### EXERCISE REQUIREMENTS
The answer must consist of every line from the data that holds "true".

### DATA PROVIDED
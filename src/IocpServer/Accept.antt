-- ===== src/IocpServer/Accept.antt =====
-- IOCPServer.cpp, `OnAccept`: what becomes of the new session and of its socket, on every branch.
use iocp_chat_server.Base.{
  ℕ, suc, ◌≡◌, refl, ◌∙◌, none, some, true, false, List, [], ◌∷◌, ◌++◌, ◌==◌, ◌≢◌, arith,
  if◌then◌else◌, inl, inr, Bool-cases,
}
use iocp_chat_server.Base.Int.{ltb_ℤ}
use iocp_chat_server.Session
use iocp_chat_server.Network.{Winsock}
use iocp_chat_server.Network.IoData.{clear}
use iocp_chat_server.Network.IocpSession.{IocpSession}
use iocp_chat_server.Network.IocpSession
use iocp_chat_server.SessionManager.Memory.{
  Pointer, World, done, fault, double_free, update, frees, logs_busy, logs_accept_fail, ◌>>=◌,
  load_at,
}
use iocp_chat_server.SessionManager.{contains}
use iocp_chat_server.SessionManager.Close.{destroy-listed, destroy-unlisted}
use iocp_chat_server.SessionManager.Add.{added, add_session-busy, add_session-new}
use iocp_chat_server.IocpServer.{Accepting, on_accept, register, associate, safe_delete}

-- The new session once its socket and address are written.
unfoldable pub accepted_session : Accepting → ℕ → ℕ → IocpSession
accepted_session a accepter address =
    let made = IocpSession.make a.memory a.now in
    record made { session = (Session.on_accept made.session accepter address a.ioctl).0 }

-- The object at `p` came and went.
unfoldable pub came_and_went : Pointer → IocpSession → World → World
came_and_went p s w = record w {
  heap = update (update w.heap p (some s)) p none;
  effects = frees p ∷ w.effects;
}

-- `new` stored it.
unfoldable pub stored : Pointer → IocpSession → World → World
stored p s w = record w { heap = update w.heap p (some s) }

module _ (net : Winsock) (fuel : ℕ) (a : Accepting) (accepter address : ℕ) (w : World)
    (allocated : a.pointer ≢ 0) (fresh : contains a.pointer w.session_list ≡ false) where
  safe_delete-unlisted :
      (s : IocpSession) (v : World)
      → contains a.pointer v.session_list ≡ false
      → v.heap a.pointer ≡ some s
      → safe_delete (suc fuel) a.pointer v
        ≡ done tt (record v {
          heap = update v.heap a.pointer none;
          effects = frees a.pointer ∷ v.effects;
        })
  unfolding safe_delete
  safe_delete-unlisted s v c e =
      let not_null : (a.pointer == 0) ≡ false = ground arith in
      rw (not_null, destroy-unlisted fuel a.pointer s v c e)

  pub on_accept-stored : on_accept net (suc fuel) a accepter address w ≡ (
      if a.ioctl == 0
      then register net
          (suc fuel)
          a
          a.pointer
          (stored a.pointer (accepted_session a accepter address) w)
      else safe_delete
          (suc fuel)
          a.pointer
          (stored a.pointer (accepted_session a accepter address) w))
  unfolding on_accept accepted_session stored Session.on_accept
  on_accept-stored =
      let not_null : (a.pointer == 0) ≡ false = ground arith in
      elim (Bool-cases (a.ioctl == 0)) [ inl e ↦ rw (not_null, e) | inr e ↦ rw (not_null, e) ]

  -- The keep-alive cannot be set: the session is deleted, and the accepted socket stays open.
  pub on_accept_no_keep_alive :
      a.ioctl ≢ 0
      → on_accept net (suc fuel) a accepter address w
        ≡ done tt (came_and_went a.pointer (accepted_session a accepter address) w)
  unfolding came_and_went stored
  on_accept_no_keep_alive h =
      let bad : (a.ioctl == 0) ≡ false = ground arith in
      on_accept-stored
      ∙ rw bad (
          safe_delete-unlisted (accepted_session a accepter address)
            (stored a.pointer (accepted_session a accepter address) w) fresh (ground arith))

  register-full :
      (s : IocpSession) (v : World)
      → contains a.pointer v.session_list ≡ false
      → v.heap a.pointer ≡ some s
      → ltb_ℤ v.max_connection v.session_count ≡ true
      → register net (suc fuel) a a.pointer v
        ≡ done tt (record v {
          heap = update v.heap a.pointer none;
          effects = frees a.pointer ∷ logs_busy ∷ v.effects;
        })
  unfolding register
  register-full s v c e b =
      rw (add_session-busy a.pointer v c b, ◌>>=◌)
        (safe_delete-unlisted s (record v { effects = logs_busy ∷ v.effects }) c e)

  pub register-new :
      (s : IocpSession) (v : World)
      → contains a.pointer v.session_list ≡ false
      → v.heap a.pointer ≡ some s
      → ltb_ℤ v.max_connection v.session_count ≡ false
      → register net (suc fuel) a a.pointer v
        ≡ associate net (suc fuel) a a.pointer (added a.pointer s v)
  unfolding register
  register-new s v c e b = rw (add_session-new a.pointer s v c b e, ◌>>=◌)

  -- Keep-alive is set, but the manager is full: the session is deleted, and the accepted socket stays
  -- open.
  pub on_accept_full :
      a.ioctl ≡ 0
      → ltb_ℤ w.max_connection w.session_count ≡ true
      → on_accept net (suc fuel) a accepter address w
        ≡ done tt (
            came_and_went a.pointer
              (accepted_session a accepter address)
              (record w { effects = logs_busy ∷ w.effects }))
  unfolding came_and_went stored
  on_accept_full h b =
      let good : (a.ioctl == 0) ≡ true = ground arith in
      let s = accepted_session a accepter address in
      on_accept-stored ∙ rw good (register-full s (stored a.pointer s w) fresh (ground arith) b)

module _ (net : Winsock) (fuel : ℕ) (a : Accepting) (p : Pointer) (s : IocpSession) (v : World)
    (allocated : p ≢ 0) (listed : contains p v.session_list ≡ true)
    (there : v.heap p ≡ some s) where
  associate-no_handle : a.handle ≡ 0 → associate net (suc (suc fuel)) a p v ≡ fault double_free
  unfolding associate safe_delete
  associate-no_handle h =
      let not_null : (p == 0) ≡ false = ground arith in
      let no_handle : (a.handle == 0) ≡ true = ground arith in
      let cleared = record s { read = clear s.read } in
      rw (there, ◌>>=◌, load_at, no_handle, not_null)
        (destroy-listed fuel p cleared (record v { heap = update v.heap p (some cleared) })
          allocated listed (ground arith))

pub contains-last : (p : Pointer) (ps : List Pointer) → contains p (ps ++ p ∷ []) ≡ true
unfolding contains
contains-last p [] = ground arith
contains-last p (q ∷ qs) = ground (arith, contains-last p qs)

-- Windows refuses to associate the socket with the completion port, after the manager has taken the
-- session: `OnAccept` frees the session twice.
pub on_accept_no_handle :
    (net : Winsock) (fuel : ℕ) (a : Accepting) (accepter address : ℕ) (w : World)
    → a.pointer ≢ 0
    → contains a.pointer w.session_list ≡ false
    → a.ioctl ≡ 0
    → ltb_ℤ w.max_connection w.session_count ≡ false
    → a.handle ≡ 0
    → on_accept net (suc (suc fuel)) a accepter address w ≡ fault double_free
unfolding stored added
on_accept_no_handle net fuel a accepter address w h c good b no_handle =
    let s = accepted_session a accepter address in
    let ok : (a.ioctl == 0) ≡ true = ground arith in
    let v = stored a.pointer s w in
    on_accept-stored net (suc fuel) a accepter address w h c
    ∙ rw ok (
        register-new net (suc fuel) a accepter address w h c s v c (ground arith) b
        ∙ associate-no_handle net fuel a a.pointer (IocpSession.set_id s w.session_seed)
            (added a.pointer s v) h (contains-last a.pointer w.session_list) (ground arith)
            no_handle)

-- There is no memory.
pub on_accept_null :
    (net : Winsock) (fuel : ℕ) (a : Accepting) (accepter address : ℕ) (w : World)
    → (a.pointer == 0) ≡ true
    → on_accept net fuel a accepter address w
      ≡ done tt (record w { effects = logs_accept_fail ∷ w.effects })
unfolding on_accept
on_accept_null net fuel a accepter address w e = rw e refl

### EXERCISE SOLUTION
  ℕ, suc, ◌≡◌, refl, ◌∙◌, none, some, true, false, List, [], ◌∷◌, ◌++◌, ◌==◌, ◌≢◌, arith,
      → ltb_ℤ v.max_connection v.session_count ≡ true
      → ltb_ℤ w.max_connection w.session_count ≡ true
      let good : (a.ioctl == 0) ≡ true = ground arith in
    (allocated : p ≢ 0) (listed : contains p v.session_list ≡ true)
      let no_handle : (a.handle == 0) ≡ true = ground arith in
pub contains-last : (p : Pointer) (ps : List Pointer) → contains p (ps ++ p ∷ []) ≡ true
    let ok : (a.ioctl == 0) ≡ true = ground arith in
    → (a.pointer == 0) ≡ true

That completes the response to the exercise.